16.2 Any notice shall be deemed to have been received:
(a) if sent by pre-registered post, 72 hours after posting provided applicable evidence of posting is retained and produced on request; or
(b) if sent by email, at the time of transmission, or, if this time falls outside Working Hours in the place of receipt, when Working Hours resume.
16.3 Subject to Clause 6, no variation of this Agreement shall be effective unless it is in writing and signed by the parties (or their authorised representatives).
16.4 The parties are with respect to each other independent contractors and nothing in this Agreement and no actions taken by the parties under it shall be deemed to constitute any agency, partnership, association, joint venture or other co-operative enterprise between the parties.
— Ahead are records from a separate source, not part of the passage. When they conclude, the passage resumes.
-- ===== src/Server/Loop/Poll/Sweeping.antt =====
-- The sweep of `server::run`, server/main.cpp: it forgets every connection that has ended and leaves no
-- callback of one.
use irc_chat.Base.{nat_eq}
use irc_chat.Base.{
  ℕ, ◌+◌, ◌<◌, ◌≤◌, ◌≡◌, sym, ◌∙◌, ap, Bool, List, [], ◌∷◌, Option, none, some, arith, Str, lookup,
  erase, lookup-erase, inl, inr, true, false, ◌||◌, Option-cases, Bool-cases, ◌==◌, ==_iff,
  if◌then◌else◌, Map,
}
use irc_chat.Connection.Wiring.{IsServed, IsWired, lookup-written}
use irc_chat.Connection.{Connection}
use irc_chat.Db.{ConnInfo}
use irc_chat.Message.{Message}
use irc_chat.Registry.Callbacks.{AllIn-map}
use irc_chat.Registry.{size_mod, PollRegistry, Callback}
use irc_chat.Server.Keeping.{
  Ensures, IsStable, called, calls, bind-Ensures, then-Ensures, quit_chan-Ensures, pure-Ensures,
  conn_info-Ensures,
}
use irc_chat.Server.Loop.Poll.Budget.{idle_count}
use irc_chat.Server.Loop.Poll.Callbacks.{Post-map}
use irc_chat.Server.Loop.{quit_swept, forget, sweep_ended, sweep_one, sweep_all, ids_of, sweep}
use irc_chat.Server.Wiring.{IsOrderly, IsOrderly-IsStable, HasState, state-called, member-connected}
use irc_chat.Server.World.{World, send_if_connected}

quit_swept-Ensures :
    (P : World → Type 0)
    → IsStable P
    → (id : ℕ) (info : ConnInfo) (o : Option Str) → Ensures P P (quit_swept id info o)
unfolding quit_swept
quit_swept-Ensures P s id info none = pure-Ensures P tt
quit_swept-Ensures P s id info (some name) = search (calls, quit_chan-Ensures) depth 12

unfoldable pub is_among : ℕ → List ℕ → Bool
is_among k [] = false
is_among k (j ∷ ids) = j == k || is_among k ids

-- A connection that has ended is among those that the sweep has yet to come to.
abbrev pub EndedAmong : List ℕ → Map ℕ Connection → Type 0
EndedAmong ids cs =
    (k : ℕ) (c : Connection) → lookup k cs ≡ some c → c.connected ≡ false → is_among k ids ≡ true

EndedAmong-called :
    (ids : List ℕ) (w : World) (k : ℕ) (c : Connection) (msg : Message)
    → lookup k w.connections ≡ some c
    → EndedAmong ids w.connections
    → EndedAmong ids (called (send_if_connected msg) k c w).connections
EndedAmong-called ids w k c msg there h j d at down = elim (Bool-cases (k == j)) [
  | inr other ↦ h j d (ground (arith, written)) down
  | inl hit ↦
      let e : (send_if_connected msg c w.registry).0 ≡ d = ground (arith, written) in
      h j c (ground (arith, ==_iff k j, there))
        (sym (member-connected msg c w.registry) ∙ ap (λ x. x.connected) e ∙ down)
]
  where
    written :
        lookup j (called (send_if_connected msg) k c w).connections
        ≡ (if k == j then some (send_if_connected msg c w.registry).0 else lookup j w.connections)
    written = lookup-written w.connections k c (send_if_connected msg c w.registry).0 there j

-- Without the connection of `id`, which has ended.
module _ (cs : Map ℕ Connection) (r : PollRegistry) (id : ℕ) (c : Connection)
    (there : lookup id cs ≡ some c) (down : c.connected ≡ false) where
  IsServed-erase : (cb : Callback) (t : ℕ) → IsServed cs cb t → IsServed (erase id cs) cb t
  IsServed-erase Callback.poll_accept t h = tt
  IsServed-erase (Callback.poll_recv j) t (d, at, up, tok) =
      (d, ground (arith, lookup-erase id j cs, ==_iff id j, there, down), up, tok)
  IsServed-erase (Callback.poll_send j) t (d, at, up, tok) =
      (d, ground (arith, lookup-erase id j cs, ==_iff id j, there, down), up, tok)

  pub erase-IsWired : IsWired cs r → IsWired (erase id cs) r
  erase-IsWired h = record {
    own_ids = λ k d at. h.own_ids k d (ground (arith, lookup-erase id k cs));
    fronts = λ k d at. h.fronts k d (ground (arith, lookup-erase id k cs));
    registry = h.registry;
    served =
        AllIn-map (IsServed cs) (IsServed (erase id cs)) r.callbacks_and_toks IsServed-erase
          h.served;
  }

idle_count-erase : (id : ℕ) (cs : Map ℕ Connection) → idle_count (erase id cs) ≤ idle_count cs
unfolding idle_count erase
idle_count-erase id [] = omega arith
idle_count-erase id ((k, c) ∷ cs) = ground (arith, idle_count-erase id cs)

module _ (entries tokens ids : ℕ) (r₀ : PollRegistry) (room : tokens + 1 < size_mod) where
  -- Before the rounds for these connections.
  record IsSweeping (left : List ℕ) (w : World) : Type 0 where
    orderly : IsOrderly entries tokens ids r₀ w
    ended : EndedAmong left w.connections

  -- In the round for a connection that has ended.
  record IsEnding (id : ℕ) (left : List ℕ) (w : World) : Type 0 where
    sweeping : IsSweeping left w
    down : HasState false id w

  IsEnding-IsStable : (id : ℕ) (left : List ℕ) → IsStable (IsEnding id left)
  IsEnding-IsStable id left = record {
    on_db = λ w db h. record {
      sweeping = record {
        orderly = (IsOrderly-IsStable entries tokens ids r₀ room).on_db w db h.sweeping.orderly;
        ended = h.sweeping.ended;
      };
      down = h.down;
    };
    on_member = λ w k c msg e h. record {
      sweeping = record {
        orderly =
            (IsOrderly-IsStable entries tokens ids r₀ room).on_member w k c msg e
              h.sweeping.orderly;
        ended = EndedAmong-called left w k c msg e h.sweeping.ended;
      };
      down = state-called (send_if_connected msg) (member-connected msg) id k w c e h.down;
    };
  }

  forget-Ensures :
      (id : ℕ) (left : List ℕ) → Ensures (IsEnding id (id ∷ left)) (IsSweeping left) (forget id)
  unfolding Ensures is_among
  forget-Ensures id left w h =
      let (c, there, down) = h.down in
      let o = h.sweeping.orderly in
      record {
        orderly = record {
          within = record {
            few_entries = omega (arith, idle_count-erase id w.connections, o.within.few_entries);
            few_tokens = omega (arith, idle_count-erase id w.connections, o.within.few_tokens);
            few_ids = o.within.few_ids;
            quieter = o.within.quieter;
          };
          wired = erase-IsWired w.connections w.registry id c there down o.wired;
        };
        ended = λ k d at e. ground (
          arith,
          lookup-erase id k w.connections,
          h.sweeping.ended k d (ground (arith, lookup-erase id k w.connections)) e,
        );
      }

  sweep_ended-Ensures :
      (id : ℕ) (left : List ℕ)
      → Ensures (IsEnding id (id ∷ left)) (IsSweeping left) (sweep_ended id)
  unfolding sweep_ended
  sweep_ended-Ensures id left =
      let P = IsEnding id (id ∷ left) in
      bind-Ensures P (IsSweeping left) _ _ (conn_info-Ensures P id) λ info.
        bind-Ensures P (IsSweeping left) _ _
          (quit_swept-Ensures P (IsEnding-IsStable id (id ∷ left)) id info info.joined_channel)
          (λ x. forget-Ensures id left)

  sweep_one-Ensures :
      (id : ℕ) (left : List ℕ) → Ensures (IsSweeping (id ∷ left)) (IsSweeping left) (sweep_one id)
  unfolding sweep_one Ensures is_among
  sweep_one-Ensures id left w h = elim (Option-cases (lookup id w.connections)) [
    | inl gone ↦
        rw (gone, sweep_one)
          (record {
            orderly = h.orderly;
            ended = λ k d at e. ground (arith, h.ended k d at e, ==_iff id k, gone);
          })
    | inr (c, there) ↦ elim (Bool-cases c.connected) [
      | inl up ↦
          rw (there, up, sweep_one)
            (record {
              orderly = h.orderly;
              ended = λ k d at e. ground (arith, h.ended k d at e, ==_iff id k, there, up);
            })
      | inr down ↦
          rw (there, down, sweep_one)
            (sweep_ended-Ensures id left w (record { sweeping = h; down = (c, there, down) }))
    ]
  ]

  sweep_all-Ensures : (left : List ℕ) → Ensures (IsSweeping left) (IsSweeping []) (sweep_all left)
  unfolding sweep_all
  sweep_all-Ensures [] = pure-Ensures (IsSweeping []) tt
  sweep_all-Ensures (id ∷ left) =
      then-Ensures (IsSweeping (id ∷ left)) (IsSweeping left) (IsSweeping []) _ _
        (sweep_one-Ensures id left) (λ x. sweep_all-Ensures left)

-- Every connection that the server holds is connected.
abbrev pub AllUp : World → Type 0
AllUp w = (k : ℕ) (c : Connection) → lookup k w.connections ≡ some c → c.connected ≡ true

all_among :
    (k : ℕ) (c : Connection) (cs : Map ℕ Connection)
    → lookup k cs ≡ some c
    → is_among k (ids_of cs) ≡ true
unfolding is_among ids_of lookup
all_among k c [] e = cc
all_among k c ((j, d) ∷ cs) e = ground (arith, all_among k c cs)

-- The sweep keeps order among the callbacks, and behind it every connection is connected.
pub sweep-AllUp :
    (entries tokens ids : ℕ) (r₀ : PollRegistry)
    → tokens + 1 < size_mod
    → Ensures
        (IsOrderly entries tokens ids r₀)
        (λ w. IsOrderly entries tokens ids r₀ w × AllUp w)
        sweep
unfolding sweep Ensures is_among
sweep-AllUp entries tokens ids r₀ room w h =
    Post-map (IsSweeping entries tokens ids r₀ room []) _ (sweep_all (ids_of w.connections) w)
      (λ w' q. (q.orderly, λ k c at. ground (arith, q.ended k c at)))
      (sweep_all-Ensures entries tokens ids r₀ room (ids_of w.connections) w
        (record { orderly = h; ended = λ k c at down. all_among k c w.connections at }))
16.5 This Agreement together with any documents referred to or incorporated into it in accordance with its terms represents the entire agreement between the parties relating to its subject matter and supersedes all previous presentations made and/or agreements, negotiations and discussions between the parties relating to the same. Each party acknowledges that in entering into this Agreement it does not rely on any statement, representation, assurance or warranty (whether made innocently or negligently) that is not set out in this Agreement. Each party agrees that it shall have no claim for innocent or negligent misrepresentation based on any statement in this Agreement.
16.6 The Customer may not sub-licence, assign, transfer, novate, charge or sub-contract the performance of any of its rights and/or obligations under this Agreement without the prior written consent of Mallcomm. The Customer acknowledges and agrees that any breach by it of the restrictions imposed on it under this Clause 16.6 shall constitute a material breach of this Agreement which is not capable of remedy.
16.7 Subject to Clause 12.3(c), Mallcomm may at any-time by written notice to the Customer sub-licence, assign, transfer, novate, charge or sub-contract the performance of any of its rights and/or obligations under this Agreement but in the case of any sub-contracting shall remain primarily liable to Mallcomm for the acts or omissions of any of its sub-contractors as if those were the acts or omissions of Mallcomm itself under this Agreement.
16.8 If any provision of this Agreement is declared by any judicial or other competent authority to be void, voidable, illegal or otherwise unenforceable, the remaining provisions shall remain in full force and effect.
16.9 The failure to exercise or delay in exercising any right or remedy under this Agreement shall not be regarded as a waiver of such right or remedy, or a waiver of other rights or remedies. No single or partial exercise of any right or remedy under this Agreement shall prevent any further exercise of the right or remedy or any other right or remedy.
16.10 A person who is not a party to this Agreement shall have not right to enforce any term of this Agreement pursuant to the Contracts (Rights of Third Parties) Act 1999.
16.11 Each party agrees that this Agreement and Change Control Notes entered into under this Agreement may be signed by electronic signature (whatever form the electronic signature takes) and that this method of signature is as conclusive of a party’s intention to be bound by this Agreement and any Change Control Notes as if signed by each party’s manuscript signature.
16.12 This Agreement shall be governed by English law and, save in respect of the enforcement of any judgment, the parties agree to submit to the exclusive jurisdiction of the English courts.